Immunisation of mice with Freund’s adjuvant alone does not induce clinical, histopathological and molecular changes resembling inflammatory myopathies (IM)

Previous studies aiming at characterising rodent models of myositis based on immunisation have used either FA23 30 47 48 or PBS49 as controls. None of these control animals displayed characteristics of myositis. Whereas PBS administration is well tolerated, FA produces local and/or systemic pain,50 questioning the use of FA-treated mice as controls from an ethical perspective. However, to date, these two controls have never been compared.

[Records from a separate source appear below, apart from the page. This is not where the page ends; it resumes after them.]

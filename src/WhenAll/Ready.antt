-- ===== src/WhenAll/Ready.antt =====
-- The state of `when_all` is executed when its inputs are ready, and once.
use portable_concurrency.Prelude.{
  false, ◌∙◌, ℕ, zero, suc, ◌+◌, ◌≡◌, ◌≢◌, ◌≤◌, refl, ap, count-none, count-all_false, arith,
}
use portable_concurrency.WhenAll.{WhenAll, Input, over, waiting, ready, calling, last, Reach}
use portable_concurrency.WhenAll.Counting.{is_pending, is_last, zero_test, Reach-Inv}

neither_over : (x : Input) → is_pending x ≡ false → is_last x ≡ false → x ≡ over
neither_over over p q = refl
neither_over waiting p q = absurd (cc)
neither_over ready p q = absurd (cc)
neither_over calling p q = absurd (cc)
neither_over last p q = absurd (cc)

executed_counts : (e r c : ℕ) → e + c ≡ zero_test r → e ≢ 0 → (r ≡ 0) × (c ≡ 0) × (e ≡ 1)
executed_counts e zero c h n = omega (arith, h, n)
executed_counts e (suc r) c h n = absurd (omega (arith, h, n))

-- Once the state is executed, each input is ready and has called `notify`, as has `make`, and all
-- these calls are over; and it is executed once.
pub executed_all_over :
    {s : WhenAll}
    → Reach s
    → s.executions ≢ 0
    → (s.executions ≡ 1) × ((i : ℕ) → i ≤ s.size → s.inputs i ≡ over)
executed_all_over {s} r n =
    let inv = Reach-Inv r in
    let c = executed_counts s.executions s.operations_remains _ inv.executions n in
    (
      c.2,
      λ i l.
          neither_over (s.inputs i)
            (count-none is_pending (suc s.size) s.inputs (omega (arith, inv.remains, c.0)) i
              (omega (arith, l)))
            (count-none is_last (suc s.size) s.inputs c.1 i (omega (arith, l))),
    )

-- When the calls of `notify` for all inputs, and that of `make`, are over, the state is executed.
pub all_over_executed :
    {s : WhenAll} → Reach s → ((i : ℕ) → i ≤ s.size → s.inputs i ≡ over) → s.executions ≡ 1
all_over_executed {s} r h =
    let inv = Reach-Inv r in
    omega (
      arith,
      inv.executions,
      ap zero_test (
          inv.remains
          ∙ count-all_false is_pending (suc s.size) s.inputs
              (λ i l. ap is_pending (h i (omega (arith, l))))),
      count-all_false is_last (suc s.size) s.inputs (λ i l. ap is_last (h i (omega (arith, l)))),
    )
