-- ===== src/Auth/Diagnosis.antt =====
-- operatoraccountauth/errors.go and provider_failure.go: the errors of the provider and their
-- classification.
use cresora.Prelude.{
  ℕ, ◌+◌, ◌≡◌, Bool, true, false, ◌||◌, not, Option, none, some, List, [], ◌∷◌, ℤ, pos, negsuc, ◌<◌,
  ◌≤◌, is_positive, sub_ℕ, min_ℤ, arith, ◌≢◌, ◌⊎◌, refl, pos_part, Some, All, Bool-cases, inl, inr,
  if◌then◌else◌,
}
use cresora.Prelude.Result.{Result, ok, err}
use cresora.Auth.Errors.{
  AuthError, failure_is, invalid_input, invalid_retry_after, challenge_expired, invalid_code,
  invalid_password, password_required, unauthorized, session_unavailable, provider_unavailable,
  provider_transient, flood_wait, context_canceled, context_deadline_exceeded,
}

-- `unknown` is the empty text, and `unlisted` numbers the texts that are no constant.
pub data ProviderFailureKind : Type 0 where
  unknown configuration_rejected phone_rejected runtime_capacity protocol : ProviderFailureKind
  remote_rejected remote_failure transport_unknown : ProviderFailureKind
  unlisted : ℕ → ProviderFailureKind

unfoldable pub valid_provider_failure_kind : ProviderFailureKind → Bool
valid_provider_failure_kind unknown = false
valid_provider_failure_kind (unlisted _) = false
valid_provider_failure_kind _ = true

-- One error of a tree: a sentinel, a `RetryAfterError` with its duration, or a
-- `ProviderFailureError` with its kind.
pub data Cause : Type 0 where
  sentinel : AuthError → Cause
  retry_after : ℤ → Cause
  provider_failure : ProviderFailureKind → Cause

unfoldable pub new_retry_after_error : ℤ → Result AuthError Cause
new_retry_after_error after =
    if not (is_positive after) then err invalid_retry_after else ok (retry_after after)

unfoldable pub new_provider_failure_error : ProviderFailureKind → Result AuthError Cause
new_provider_failure_error kind =
    if not (valid_provider_failure_kind kind) then err invalid_input else ok (provider_failure kind)

-- The sentinel that `errors.Is` meets, by `Unwrap` for the two types.
abbrev pub unwrap_kind : ProviderFailureKind → AuthError
unwrap_kind protocol = provider_unavailable
unwrap_kind _ = provider_transient

unfoldable pub class_of_cause : Cause → AuthError
class_of_cause (sentinel e) = e
class_of_cause (retry_after _) = flood_wait
class_of_cause (provider_failure kind) = unwrap_kind kind

unfoldable pub classes_of : List Cause → List AuthError
classes_of [] = []
classes_of (c ∷ cs) = class_of_cause c ∷ classes_of cs

-- `errors.Is`.
abbrev pub caused_by : AuthError → List Cause → Bool
caused_by target cs = failure_is target (classes_of cs)

-- `errors.AsType[*RetryAfterError]`: the first one's duration.
unfoldable pub as_retry_after : List Cause → Option ℤ
as_retry_after [] = none
as_retry_after (retry_after d ∷ cs) = some d
as_retry_after (_ ∷ cs) = as_retry_after cs

-- `errors.As` with a `*ProviderFailureError`: the first one's kind.
unfoldable pub as_provider_failure : List Cause → Option ProviderFailureKind
as_provider_failure [] = none
as_provider_failure (provider_failure k ∷ cs) = some k
as_provider_failure (_ ∷ cs) = as_provider_failure cs

unfoldable pub is_abort_provider_failure : List Cause → Bool
is_abort_provider_failure cs =
    caused_by unauthorized cs
    || caused_by session_unavailable cs
    || caused_by provider_unavailable cs

-- The switch over the sentinels, in the order of its cases.
unfoldable pub classify_class : List Cause → AuthError
classify_class cs =
    if caused_by invalid_code cs
    then invalid_code
    else if caused_by invalid_password cs
    then invalid_password
    else if caused_by password_required cs
    then password_required
    else if caused_by unauthorized cs
    then unauthorized
    else if caused_by session_unavailable cs
    then session_unavailable
    else if caused_by provider_unavailable cs
    then provider_unavailable
    else if caused_by provider_transient cs
    then provider_transient
    else if caused_by flood_wait cs
    then flood_wait
    else provider_transient

abbrev bounded_retry : Result AuthError Cause → Cause
bounded_retry (ok c) = c
bounded_retry (err _) = sentinel flood_wait

unfoldable pub classify_retry : ℤ → ℤ → Cause
classify_retry after remaining =
    if not (is_positive remaining)
    then sentinel challenge_expired
    else bounded_retry (new_retry_after_error (min_ℤ after remaining))

unfoldable pub classify_provider : Option ProviderFailureKind → List Cause → Cause
classify_provider none cs = sentinel (classify_class cs)
classify_provider (some kind) cs =
    if valid_provider_failure_kind kind then provider_failure kind else sentinel (classify_class cs)

-- The end of `classifyProviderFailure`, by the retry hint, if there is one.
unfoldable pub classify_hint : Option ℤ → List Cause → ℕ → ℕ → Cause
classify_hint none cs expires_at now = classify_provider (as_provider_failure cs) cs
classify_hint (some after) cs expires_at now = classify_retry after (sub_ℕ expires_at now)

-- `classifyProviderFailure` of an error that is not nil.
unfoldable pub classify_provider_failure : List Cause → ℕ → ℕ → Cause
classify_provider_failure cs expires_at now =
    if caused_by context_canceled cs
    then sentinel context_canceled
    else if caused_by context_deadline_exceeded cs
    then sentinel context_deadline_exceeded
    else classify_hint (as_retry_after cs) cs expires_at now

-- The sentinels that an answer may repeat from the error.
abbrev pub repeated : List AuthError
repeated =
    invalid_code ∷ invalid_password ∷ password_required ∷ unauthorized ∷ session_unavailable
    ∷ provider_unavailable ∷ provider_transient ∷ flood_wait ∷ []

-- A sentinel that the error has, among these.
abbrev pub Repeats : List Cause → List AuthError → AuthError → Type 0
Repeats cs listed e = Some (λ x. x ≡ e) listed × (caused_by e cs ≡ true)

-- A transient failure where the error has no sentinel that could be repeated, or a challenge that has
-- expired when the error gives a hint.
abbrev pub Stands : List Cause → ℕ → ℕ → AuthError → Type 0
Stands cs expires_at now e =
    ((e ≡ provider_transient) × All (λ x. caused_by x cs ≡ false) repeated)
    ⊎ ((e ≡ challenge_expired) × (expires_at ≤ now) × (as_retry_after cs ≢ none))

-- The hint is at least this long.
abbrev pub Hints : ℕ → Option ℤ → Type 0
Hints d none = ⊥
Hints d (some after) = d ≤ pos_part after

-- A cause that may be shown to the operator: a retry hint is positive, no longer than that of the
-- error, and ends with the challenge; a diagnostic is that of the error and of a listed kind; a
-- sentinel is one of the error's own, or stands for what it lacks.
abbrev pub IsSafe : List Cause → ℕ → ℕ → Cause → Type 0
IsSafe cs expires_at now (retry_after (pos d)) =
    (0 < d) × (now + d ≤ expires_at) × Hints d (as_retry_after cs)
IsSafe cs expires_at now (retry_after (negsuc _)) = ⊥
IsSafe cs expires_at now (provider_failure kind) =
    (valid_provider_failure_kind kind ≡ true) × (as_provider_failure cs ≡ some kind)
IsSafe cs expires_at now (sentinel e) =
    Repeats cs (context_canceled ∷ context_deadline_exceeded ∷ repeated) e
    ⊎ Stands cs expires_at now e

-- A hint is an error that is a flood wait.
hint-flood_wait :
    (cs : List Cause) (after : ℤ) → as_retry_after cs ≡ some after → caused_by flood_wait cs ≡ true
unfolding as_retry_after classes_of class_of_cause failure_is
hint-flood_wait [] after h = cc
hint-flood_wait (retry_after d ∷ cs) after h = refl
hint-flood_wait (sentinel e ∷ cs) after h = ground (arith, hint-flood_wait cs after h)
hint-flood_wait (provider_failure k ∷ cs) after h = ground (arith, hint-flood_wait cs after h)

classify_retry-IsSafe :
    (cs : List Cause) (after : ℤ) (expires_at now : ℕ)
    → as_retry_after cs ≡ some after
    → IsSafe cs expires_at now (classify_retry after (sub_ℕ expires_at now))
unfolding classify_retry new_retry_after_error
classify_retry-IsSafe cs (pos a) expires_at now h = ground (arith, h, hint-flood_wait cs (pos a) h)
classify_retry-IsSafe cs (negsuc a) expires_at now h =
    ground (arith, h, hint-flood_wait cs (negsuc a) h)

classify_class-IsSafe :
    (cs : List Cause) (expires_at now : ℕ) → IsSafe cs expires_at now (sentinel (classify_class cs))
unfolding classify_class
classify_class-IsSafe cs expires_at now = ground arith

classify_provider-IsSafe :
    (kind : Option ProviderFailureKind) (cs : List Cause) (expires_at now : ℕ)
    → as_provider_failure cs ≡ kind
    → IsSafe cs expires_at now (classify_provider kind cs)
unfolding classify_provider
classify_provider-IsSafe none cs expires_at now h = classify_class-IsSafe cs expires_at now
classify_provider-IsSafe (some kind) cs expires_at now h =
    elim (Bool-cases (valid_provider_failure_kind kind)) [
      | inl y ↦ rw y (y, h)
      | inr n ↦ rw n (classify_class-IsSafe cs expires_at now)
    ]

classify_hint-IsSafe :
    (hint : Option ℤ) (cs : List Cause) (expires_at now : ℕ)
    → as_retry_after cs ≡ hint
    → IsSafe cs expires_at now (classify_hint hint cs expires_at now)
unfolding classify_hint
classify_hint-IsSafe none cs expires_at now h =
    classify_provider-IsSafe (as_provider_failure cs) cs expires_at now refl
classify_hint-IsSafe (some after) cs expires_at now h =
    classify_retry-IsSafe cs after expires_at now h

-- Whatever the provider fails with, `classifyProviderFailure` answers with a retry hint that is
-- positive, no longer than that of the error, and ends no later than the challenge; with the
-- error's own diagnostic, of a listed kind; with a context error or one of eight listed sentinels
-- that the error has; with a transient failure if it has none of the eight; or with an expired
-- challenge, if it has a hint and the challenge has expired.
pub classify_provider_failure-IsSafe :
    (cs : List Cause) (expires_at now : ℕ)
    → IsSafe cs expires_at now (classify_provider_failure cs expires_at now)
unfolding classify_provider_failure
classify_provider_failure-IsSafe cs expires_at now =
    elim (Bool-cases (caused_by context_canceled cs)) [
      | inl h ↦ rw h (inl (inl refl, h))
      | inr h ↦ elim (Bool-cases (caused_by context_deadline_exceeded cs)) [
        | inl k ↦ rw h (rw k (inl (inr (inl refl), k)))
        | inr k ↦ rw h (rw k (classify_hint-IsSafe (as_retry_after cs) cs expires_at now refl))
      ]
    ]
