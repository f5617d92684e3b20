-- ===== src/Auth/Phone.antt =====
-- operatoraccountauth/validation.go: `normalizePhone`, over the code points of its argument.
pub mod Normal
pub mod Digits
pub mod Trim
use cresora.Prelude.{
  ℕ, zero, suc, ◌+◌, ◌≡◌, Bool, true, false, not, ◌&&◌, ◌||◌, Option, none, some, List, [], ◌∷◌,
  reverse, arith, ltb, leb, ◌==◌, if◌then◌else◌, length,
}

-- `unicode.IsSpace`: the white space of Latin-1, and the other code points of the property.
unfoldable pub is_space : ℕ → Bool
is_space c =
    (leb 9 c && leb c 13)
    || c == 32
    || c == 0x85
    || c == 0xa0
    || c == 0x1680
    || (leb 0x2000 c && leb c 0x200a)
    || c == 0x2028
    || c == 0x2029
    || c == 0x202f
    || c == 0x205f
    || c == 0x3000

unfoldable pub trim_left : List ℕ → List ℕ
unfolding is_space
trim_left [] = []
trim_left (c ∷ cs) = let rest = trim_left cs in if is_space c then rest else c ∷ cs

-- `strings.TrimSpace`.
unfoldable pub trim_space : List ℕ → List ℕ
unfolding trim_left
trim_space cs = reverse (trim_left (reverse (trim_left cs)))

abbrev pub is_digit : ℕ → Bool
is_digit c = leb b'0' c && leb c b'9'

unfoldable pub is_separator : ℕ → Bool
is_separator c = is_space c || c == b'-' || c == b'(' || c == b')' || c == b'.'

abbrev prepend : ℕ → Option (List ℕ) → Option (List ℕ)
prepend c none = none
prepend c (some cs) = some (c ∷ cs)

-- The loop over the runes, with `index == 0`; `none` is its early return.
unfoldable pub keep_digits : Bool → List ℕ → Option (List ℕ)
keep_digits first [] = some []
keep_digits first (c ∷ cs) =
    let rest = keep_digits false cs in
    if c == b'+' && first
    then prepend c rest
    else if is_digit c
    then prepend c rest
    else if is_separator c
    then rest
    else none

-- `strings.CutPrefix(value, "00")`.
unfoldable pub cut_zeros : List ℕ → List ℕ
cut_zeros [] = []
cut_zeros (a ∷ []) = a ∷ []
cut_zeros (a ∷ b ∷ cs) = if a == b'0' && b == b'0' then b'+' ∷ cs else a ∷ b ∷ cs

-- `strings.HasPrefix(value, "+")`.
unfoldable pub add_plus : List ℕ → List ℕ
add_plus [] = b'+' ∷ []
add_plus (c ∷ cs) = if c == b'+' then c ∷ cs else b'+' ∷ c ∷ cs

abbrev pub starts_with_zero : List ℕ → Bool
starts_with_zero [] = true
starts_with_zero (c ∷ cs) = c == b'0'

-- The test on the digits behind the plus sign; an empty text counts as refused.
unfoldable pub check_digits : List ℕ → Option (List ℕ)
check_digits [] = none
check_digits (plus ∷ digits) =
    if ltb (length digits) 7 || ltb 15 (length digits) || starts_with_zero digits
    then none
    else some (plus ∷ digits)

unfoldable pub finish : Option (List ℕ) → Option (List ℕ)
finish none = none
finish (some value) = check_digits (add_plus (cut_zeros value))

abbrev pub is_empty : List ℕ → Bool
is_empty [] = true
is_empty (_ ∷ _) = false

-- `none` is `ErrInvalidInput`, the only error.
unfoldable pub normalize_phone : List ℕ → Option (List ℕ)
normalize_phone phone =
    let trimmed = trim_space phone in
    if is_empty trimmed then none else finish (keep_digits true trimmed)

To investigate whether FA alone induces muscle changes resembling myositis, 8- to 10-week-old mice were treated with a single subcutaneous injection (on both sides of the hind legs and flanks) of FA in PBS (ctrl FA) or of PBS alone (ctrl PBS).

From D0 to D20, grip strength was similar in ctrl FA and ctrl PBS mice (online supplemental figure 2a). No histological lesion (ie, inflammatory infiltrate, necrosis of muscle fibres) was found in gastrocnemius of ctrl FA and ctrl PBS mice (online supplemental figure 2b). Moreover, the transcript levels of type I IFN-stimulated genes (ie, IFIT3, ISG15) and type II IFN-stimulated genes (ie, PSMB8, GBP2) were similar in ctrl FA and ctrl PBS mice (online supplemental figure 2c).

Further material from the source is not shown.